*Prompt:*
In this exercise, every entry is to be copied exactly.

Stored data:

+ + + +

-- ===== src/Wst/Writer.antt =====
-- The sending half of pkg/wst/connection.go: frames through a buffered writer.
-- The buffer's own flush when it is full is not modelled: it moves bytes from `buffered` to `wire`
-- earlier, and every call below flushes before it returns well.
use warp_stream.Base.{
  ℕ, ◌%◌, ◌^◌, Bool, true, false, Option, none, some, [], ◌∷◌, ◌++◌, length, leb, if◌then◌else◌,
  bit_or, Bytes, Text, be16, be64,
}
use warp_stream.Base.Monad.{Result, ok, err, Step, fail, ◌>>◌}

abbrev pub text_message : ℕ
text_message = 1

abbrev pub binary_message : ℕ
binary_message = 2

abbrev pub close_message : ℕ
close_message = 8

abbrev pub ping_message : ℕ
ping_message = 9

abbrev pub pong_message : ℕ
pong_message = 10

pub data WriteError : Type 0 where
  closed_pipe net_closed : WriteError
  io_failed : ℕ → WriteError
  control_too_long : ℕ → WriteError

-- The bufio.Writer over the connection. `failure` is the error that stays once a write to the
-- connection failed; `broken` is what the connection answers to a write now.
pub record Bufw : Type 0 where
  pub buffered : Bytes
  pub wire : Bytes
  pub failure : Option WriteError
  pub broken : Option WriteError

abbrev pub Write : Type 0 → Type 0
Write A = Step Bufw WriteError A

unfoldable pub write : Bytes → Write (Unit {0})
write bs w = elim w.failure [
  | some e ↦ (err e, w)
  | none ↦ (ok tt, record w { buffered = w.buffered ++ bs })
]

unfoldable pub write_byte : ℕ → Write (Unit {0})
write_byte b = write (b ∷ [])

unfoldable pub flush : Write (Unit {0})
flush w = elim w.failure [
  | some e ↦ (err e, w)
  | none ↦ elim w.broken [
    | some e ↦ (err e, record w { failure = some e })
    | none ↦ (ok tt, record w { buffered = []; wire = w.wire ++ w.buffered })
  ]
]

abbrev pub mask_bit : Bool → ℕ
mask_bit masking = if masking then 0x80 else 0

abbrev pub zero_key : Bytes
zero_key = 0 ∷ 0 ∷ 0 ∷ 0 ∷ []

-- The length field: seven bits, or 126 and two bytes, or 127 and eight.
unfoldable pub write_length : Bool → ℕ → Write (Unit {0})
write_length masking n =
    if leb n 125
    then write_byte (bit_or (mask_bit masking) (n % 256))
    else if leb n 65535
    then (do write_byte (bit_or (mask_bit masking) 126); write (be16 n))
    else (do write_byte (bit_or (mask_bit masking) 127); write (be64 n))

unfoldable pub write_payload : Bool → Bytes → Write (Unit {0})
write_payload true bs = do write zero_key; write bs
write_payload false bs = write bs

-- WriteMessage.
unfoldable pub write_message : Bool → ℕ → Bytes → Write (Unit {0})
write_message masking message_type bs = do
  write_byte (bit_or 0x80 (message_type % 256))
  write_length masking (length bs)
  write_payload masking bs
  flush

-- What WriteControl does once the length was found to fit.
unfoldable pub write_control_body : Bool → Bytes → Write (Unit {0})
write_control_body masking bs = do
  write_byte (bit_or (mask_bit masking) (length bs % 256))
  write_payload masking bs
  flush

-- WriteControl; its deadline argument is not used by the code. The first byte goes to the buffer
-- before the length is tested.
unfoldable pub write_control : Bool → ℕ → Bytes → Write (Unit {0})
write_control masking message_type bs = do
  write_byte (bit_or 0x80 (message_type % 256))
  (if leb (length bs) 125
      then write_control_body masking bs
      else fail (control_too_long (length bs)))

-- SetPingHandler's default: the pong, with two errors swallowed.
unfoldable pub ignore_closed : Result WriteError (Unit {0}) → Result WriteError (Unit {0})
ignore_closed (ok u) = ok u
ignore_closed (err closed_pipe) = ok tt
ignore_closed (err net_closed) = ok tt
ignore_closed (err e) = err e

unfoldable pub default_ping_handler : Bool → Bytes → Write (Unit {0})
default_ping_handler masking message w =
    let (r, w') = write_control masking pong_message message w in (ignore_closed r, w')

-- SetPongHandler's default.
unfoldable pub default_pong_handler : Bytes → Write (Unit {0})
default_pong_handler message w = (ok tt, w)

-- FormatCloseMessage.
unfoldable pub format_close_message : ℕ → Text → Bytes
format_close_message close_code text = be16 (close_code % 2 ^ 16) ++ text

abbrev pub close_normal_closure : ℕ
close_normal_closure = 1000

+ + + +

*Finished exercise:*
-- ===== src/Wst/Writer.antt =====
-- The sending half of pkg/wst/connection.go: frames through a buffered writer.
-- The buffer's own flush when it is full is not modelled: it moves bytes from `buffered` to `wire`
-- earlier, and every call below flushes before it returns well.
use warp_stream.Base.{
  ℕ, ◌%◌, ◌^◌, Bool, true, false, Option, none, some, [], ◌∷◌, ◌++◌, length, leb, if◌then◌else◌,
  bit_or, Bytes, Text, be16, be64,
}
use warp_stream.Base.Monad.{Result, ok, err, Step, fail, ◌>>◌}

abbrev pub text_message : ℕ
text_message = 1

abbrev pub binary_message : ℕ
binary_message = 2

abbrev pub close_message : ℕ
close_message = 8

abbrev pub ping_message : ℕ
ping_message = 9

abbrev pub pong_message : ℕ
pong_message = 10

pub data WriteError : Type 0 where
  closed_pipe net_closed : WriteError
  io_failed : ℕ → WriteError
  control_too_long : ℕ → WriteError

-- The bufio.Writer over the connection. `failure` is the error that stays once a write to the
-- connection failed; `broken` is what the connection answers to a write now.
pub record Bufw : Type 0 where
  pub buffered : Bytes
  pub wire : Bytes
  pub failure : Option WriteError
  pub broken : Option WriteError

abbrev pub Write : Type 0 → Type 0
Write A = Step Bufw WriteError A

unfoldable pub write : Bytes → Write (Unit {0})
write bs w = elim w.failure [
  | some e ↦ (err e, w)
  | none ↦ (ok tt, record w { buffered = w.buffered ++ bs })
]

unfoldable pub write_byte : ℕ → Write (Unit {0})
write_byte b = write (b ∷ [])

unfoldable pub flush : Write (Unit {0})
flush w = elim w.failure [
  | some e ↦ (err e, w)
  | none ↦ elim w.broken [
    | some e ↦ (err e, record w { failure = some e })
    | none ↦ (ok tt, record w { buffered = []; wire = w.wire ++ w.buffered })
  ]
]

abbrev pub mask_bit : Bool → ℕ
mask_bit masking = if masking then 0x80 else 0

abbrev pub zero_key : Bytes
zero_key = 0 ∷ 0 ∷ 0 ∷ 0 ∷ []

-- The length field: seven bits, or 126 and two bytes, or 127 and eight.
unfoldable pub write_length : Bool → ℕ → Write (Unit {0})
write_length masking n =
    if leb n 125
    then write_byte (bit_or (mask_bit masking) (n % 256))
    else if leb n 65535
    then (do write_byte (bit_or (mask_bit masking) 126); write (be16 n))
    else (do write_byte (bit_or (mask_bit masking) 127); write (be64 n))

unfoldable pub write_payload : Bool → Bytes → Write (Unit {0})
write_payload true bs = do write zero_key; write bs
write_payload false bs = write bs

-- WriteMessage.
unfoldable pub write_message : Bool → ℕ → Bytes → Write (Unit {0})
write_message masking message_type bs = do
  write_byte (bit_or 0x80 (message_type % 256))
  write_length masking (length bs)
  write_payload masking bs
  flush

-- What WriteControl does once the length was found to fit.
unfoldable pub write_control_body : Bool → Bytes → Write (Unit {0})
write_control_body masking bs = do
  write_byte (bit_or (mask_bit masking) (length bs % 256))
  write_payload masking bs
  flush

-- WriteControl; its deadline argument is not used by the code. The first byte goes to the buffer
-- before the length is tested.
unfoldable pub write_control : Bool → ℕ → Bytes → Write (Unit {0})
write_control masking message_type bs = do
  write_byte (bit_or 0x80 (message_type % 256))
  (if leb (length bs) 125
      then write_control_body masking bs
      else fail (control_too_long (length bs)))

-- SetPingHandler's default: the pong, with two errors swallowed.
unfoldable pub ignore_closed : Result WriteError (Unit {0}) → Result WriteError (Unit {0})
ignore_closed (ok u) = ok u
ignore_closed (err closed_pipe) = ok tt
ignore_closed (err net_closed) = ok tt
ignore_closed (err e) = err e

unfoldable pub default_ping_handler : Bool → Bytes → Write (Unit {0})
default_ping_handler masking message w =
    let (r, w') = write_control masking pong_message message w in (ignore_closed r, w')

-- SetPongHandler's default.
unfoldable pub default_pong_handler : Bytes → Write (Unit {0})
default_pong_handler message w = (ok tt, w)

-- FormatCloseMessage.
unfoldable pub format_close_message : ℕ → Text → Bytes
format_close_message close_code text = be16 (close_code % 2 ^ 16) ++ text

abbrev pub close_normal_closure : ℕ
close_normal_closure = 1000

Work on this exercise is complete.